===== Data for review

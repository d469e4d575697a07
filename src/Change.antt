-- ===== src/Change.antt =====
-- The rows of the pipeline: the flattened change event of spark/utils/avro_deserializer.py
-- (`flatten_envelope`, `_empty_result`) and the row of the Delta table that
-- scripts/init_delta_table.py creates. Log positions and Kafka offsets are naturals; a timestamp is
-- a number of microseconds.
use payments_cdc_pipeline.Prelude.{ℕ, String, Option, Bool}
use payments_cdc_pipeline.Prelude.Int.{ℤ}

pub record Change : Type 0 where
  pub op : Option String
  pub transaction_id : Option String
  pub merchant_id : Option String
  pub amount_minor : Option ℤ
  pub currency : Option String
  pub status : Option String
  pub event_type : Option String
  pub created_at : Option ℕ
  pub updated_at : Option ℕ
  pub lsn : Option ℕ
  pub source_ts : Option ℕ
  pub partition : ℕ
  pub offset : ℕ
  pub is_delete : Option Bool

-- The columns of the Delta table. It has none for `op`, `partition` and `offset`.
pub record Entry : Type 0 where
  pub transaction_id : Option String
  pub merchant_id : Option String
  pub amount_minor : Option ℤ
  pub currency : Option String
  pub status : Option String
  pub event_type : Option String
  pub created_at : Option ℕ
  pub updated_at : Option ℕ
  pub lsn : Option ℕ
  pub source_ts : Option ℕ
  pub is_delete : Option Bool
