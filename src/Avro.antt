-- ===== src/Avro.antt =====
-- The Avro deserializer, spark/utils/avro_deserializer.py: the wire format's header, the schema cache,
-- the flattening of the Debezium envelope, and the batch that is decoded schema by schema. Avro's
-- decoder, the schema registry and Spark's `distinct` and timestamp casts are parameters. A batch with
-- short values or ids from 2 ^ 31 on follows Spark's casts: such an id is NULL.
pub mod SchemaCache
pub mod Decode
pub mod Wire
pub mod Examples
use payments_cdc_pipeline.Prelude.{
  ℕ, ◌+◌, ◌*◌, ◌^◌, ◌≤◌, String, List, [], ◌∷◌, ◌++◌, Bool, true, false, Option, none, some, map,
  keep, count_if, ltb, ◌==◌, text_eq, if◌then◌else◌, ◌≡◌,
}
use payments_cdc_pipeline.Prelude.Int.{ℤ}
use payments_cdc_pipeline.Sql.{Condition, coalesce, lift, holds}
use payments_cdc_pipeline.Errors.{Error, Result, ok, err}
use payments_cdc_pipeline.Exec.{Exec, pure, ◌>>=◌}
use payments_cdc_pipeline.Change.{Change}

-- The row images of the envelope; the type of a raw timestamp is the writer's.
pub record Image (Raw : Type 0) : Type 0 where
  pub transaction_id : Option String
  pub merchant_id : Option String
  pub amount_minor : Option ℤ
  pub currency : Option String
  pub status : Option String
  pub event_type : Option String
  pub created_at : Option Raw
  pub updated_at : Option Raw

pub record Source : Type 0 where
  pub lsn : Option ℕ
  pub ts_ms : Option ℕ

pub record Envelope (Raw : Type 0) : Type 0 where
  pub op : Option String
  pub before : Option (Image Raw)
  pub after : Option (Image Raw)
  pub source : Option Source

-- A field of a NULL struct is NULL.
abbrev pub get_field : {S A : Type 0} → (S → Option A) → Option S → Option A
get_field column none = none
get_field column (some s) = column s

-- `F.coalesce(e.after.column, e.before.column)`
abbrev pub after_or_before : {Raw A : Type 0} → (Image Raw → Option A) → Envelope Raw → Option A
after_or_before column e = coalesce (get_field column e.after) (get_field column e.before)

-- Spark's casts of a number to a timestamp in microseconds, with the division of the number as a double
-- before: of a raw timestamp, and of a time in milliseconds.
pub record Casts (Raw : Type 0) : Type 0 where
  pub of_raw : Raw → Option ℕ
  pub of_millis : ℕ → Option ℕ

-- `F.when(raw.isNotNull(), (raw / 1_000_000).cast("timestamp"))`
abbrev pub timestamp_of : {Raw : Type 0} → Casts Raw → Option Raw → Option ℕ
timestamp_of cast none = none
timestamp_of cast (some raw) = cast.of_raw raw

-- `(ts_ms / 1000.0).cast("timestamp")`
abbrev pub source_time : {Raw : Type 0} → Casts Raw → Option ℕ → Option ℕ
source_time cast none = none
source_time cast (some t) = cast.of_millis t

unfoldable pub flatten_envelope : {Raw : Type 0} → Casts Raw → Envelope Raw → ℕ → ℕ → Change
flatten_envelope cast e partition offset = record {
  op = e.op;
  transaction_id = after_or_before (λ i. i.transaction_id) e;
  merchant_id = after_or_before (λ i. i.merchant_id) e;
  amount_minor = after_or_before (λ i. i.amount_minor) e;
  currency = after_or_before (λ i. i.currency) e;
  status = after_or_before (λ i. i.status) e;
  event_type = after_or_before (λ i. i.event_type) e;
  created_at = timestamp_of cast (after_or_before (λ i. i.created_at) e);
  updated_at = timestamp_of cast (after_or_before (λ i. i.updated_at) e);
  lsn = get_field (λ (s : Source). s.lsn) e.source;
  source_ts = source_time cast (get_field (λ (s : Source). s.ts_ms) e.source);
  partition = partition;
  offset = offset;
  is_delete = lift (λ op. text_eq op "d") e.op;
}

-- A record read from Kafka. Its value is a list of bytes, NULL for a tombstone.
pub record Record : Type 0 where
  pub value : Option (List ℕ)
  pub partition : ℕ
  pub offset : ℕ

-- `conv(hex(bytes), 16, 10)`
abbrev pub big_endian : ℕ → List ℕ → ℕ
big_endian acc [] = acc
big_endian acc (b ∷ bytes) = big_endian (acc * 256 + b) bytes

-- `substring(value, 2, 4)`: the second to the fifth byte, as many as there are.
abbrev pub id_bytes : List ℕ → List ℕ
id_bytes (m ∷ a ∷ b ∷ c ∷ d ∷ rest) = a ∷ b ∷ c ∷ d ∷ []
id_bytes (m ∷ rest) = rest
id_bytes [] = []

-- The cast to an integer of 32 bits gives NULL where the number does not fit, and the empty text
-- has none.
abbrev pub as_int : List ℕ → Option ℕ
as_int [] = none
as_int (b ∷ bytes) = let n = big_endian 0 (b ∷ bytes) in if ltb n (2 ^ 31) then some n else none

unfoldable pub schema_id : Record → Option ℕ
schema_id r = elim r.value [ none ↦ none | some bytes ↦ as_int (id_bytes bytes) ]

-- The filter of the subset with one schema id.
abbrev pub has_id : ℕ → Record → Bool
has_id sid r = holds (lift (λ i. i == sid) (schema_id r))

-- `substring(value, 6, length(value) - 5)`
abbrev pub avro_value : List ℕ → List ℕ
avro_value (m ∷ a ∷ b ∷ c ∷ d ∷ rest) = rest
avro_value bytes = []

-- `_schema_cache`
abbrev pub Cache : Type 0
Cache = List (ℕ × String)

abbrev pub lookup : ℕ → Cache → Option String
lookup sid [] = none
lookup sid ((i, schema) ∷ cache) =
    let rest = lookup sid cache in if i == sid then some schema else rest

abbrev pub store : ℕ → Result String → Exec Cache String
store sid (ok schema) cache = (ok schema, (sid, schema) ∷ cache)
store sid (err e) cache = (err e, cache)

-- `registry` is what the schema registry answers, or the exception of the request.
pub schema_by_id : (ℕ → Result String) → ℕ → Exec Cache String
schema_by_id registry sid cache = elim (lookup sid cache) [
  | some schema ↦ (ok schema, cache)
  | none ↦ store sid (registry sid) cache
]

-- Equality of nullable ids, where NULL is one value, as for `distinct`.
abbrev pub same_id : Option ℕ → Option ℕ → Bool
same_id none none = true
same_id (some i) (some j) = i == j
same_id _ _ = false

-- `distinct().collect()`: every value once, in any order.
pub record Distinct : Type 0 where
  pub distinct : List (Option ℕ) → List (Option ℕ)
  pub distinct-counts :
      (ids : List (Option ℕ)) (i : Option ℕ)
      → count_if (same_id i) (distinct ids) ≡ (if ltb 0 (count_if (same_id i) ids) then 1 else 0)

-- `[row.schema_id for row in ... if row.schema_id is not None]`
abbrev pub not_none : List (Option ℕ) → List ℕ
not_none [] = []
not_none (none ∷ ids) = not_none ids
not_none (some i ∷ ids) = i ∷ not_none ids

module _ {Raw : Type 0} (cast : Casts Raw)
    (from_avro : String → List ℕ → Option (Envelope Raw)) where
  -- `from_avro`, the filter on NULL and `flatten_envelope`, for one record.
  abbrev pub decoded : String → Record → List Change
  unfolding flatten_envelope
  decoded schema r = elim r.value [
    | none ↦ []
    | some bytes ↦ elim (from_avro schema (avro_value bytes)) [
      | none ↦ []
      | some e ↦ flatten_envelope cast e r.partition r.offset ∷ []
    ]
  ]

  abbrev pub decode_all : String → List Record → List Change
  decode_all schema [] = []
  decode_all schema (r ∷ rows) = decoded schema r ++ decode_all schema rows

  -- `deserialize`, the path with one schema
  pub deserialize : List Record → String → List Change
  deserialize df schema = decode_all schema df

  -- The loop over the schema ids, with the union of its frames.
  pub decode_by_id : (ℕ → Result String) → List ℕ → List Record → Exec Cache (List Change)
  unfolding schema_by_id
  decode_by_id registry [] df = pure []
  decode_by_id registry (sid ∷ sids) df = do
    schema ← schema_by_id registry sid
    rest ← decode_by_id registry sids df
    pure (decode_all schema (keep (has_id sid) df) ++ rest)

  -- Without a schema id the loop gives the empty frame, as `_empty_result` does.
  pub deserialize_by_schema_id :
      Distinct → (ℕ → Result String) → List Record → Exec Cache (List Change)
  unfolding decode_by_id
  deserialize_by_schema_id spark registry df =
      decode_by_id registry (not_none (spark.distinct (map schema_id df))) df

==========

◆ **Work instructions**
Print exactly the lines of the listing above starting at the line containing "pub of_raw : Raw → Option ℕ" and ending at the line containing "abbrev pub big_endian : ℕ → List ℕ → ℕ", both included.

◆ **Solved problem**
  pub of_raw : Raw → Option ℕ
  pub of_millis : ℕ → Option ℕ

-- `F.when(raw.isNotNull(), (raw / 1_000_000).cast("timestamp"))`
abbrev pub timestamp_of : {Raw : Type 0} → Casts Raw → Option Raw → Option ℕ
timestamp_of cast none = none
timestamp_of cast (some raw) = cast.of_raw raw

-- `(ts_ms / 1000.0).cast("timestamp")`
abbrev pub source_time : {Raw : Type 0} → Casts Raw → Option ℕ → Option ℕ
source_time cast none = none
source_time cast (some t) = cast.of_millis t

unfoldable pub flatten_envelope : {Raw : Type 0} → Casts Raw → Envelope Raw → ℕ → ℕ → Change
flatten_envelope cast e partition offset = record {
  op = e.op;
  transaction_id = after_or_before (λ i. i.transaction_id) e;
  merchant_id = after_or_before (λ i. i.merchant_id) e;
  amount_minor = after_or_before (λ i. i.amount_minor) e;
  currency = after_or_before (λ i. i.currency) e;
  status = after_or_before (λ i. i.status) e;
  event_type = after_or_before (λ i. i.event_type) e;
  created_at = timestamp_of cast (after_or_before (λ i. i.created_at) e);
  updated_at = timestamp_of cast (after_or_before (λ i. i.updated_at) e);
  lsn = get_field (λ (s : Source). s.lsn) e.source;
  source_ts = source_time cast (get_field (λ (s : Source). s.ts_ms) e.source);
  partition = partition;
  offset = offset;
  is_delete = lift (λ op. text_eq op "d") e.op;
}

-- A record read from Kafka. Its value is a list of bytes, NULL for a tombstone.
pub record Record : Type 0 where
  pub value : Option (List ℕ)
  pub partition : ℕ
  pub offset : ℕ

-- `conv(hex(bytes), 16, 10)`
abbrev pub big_endian : ℕ → List ℕ → ℕ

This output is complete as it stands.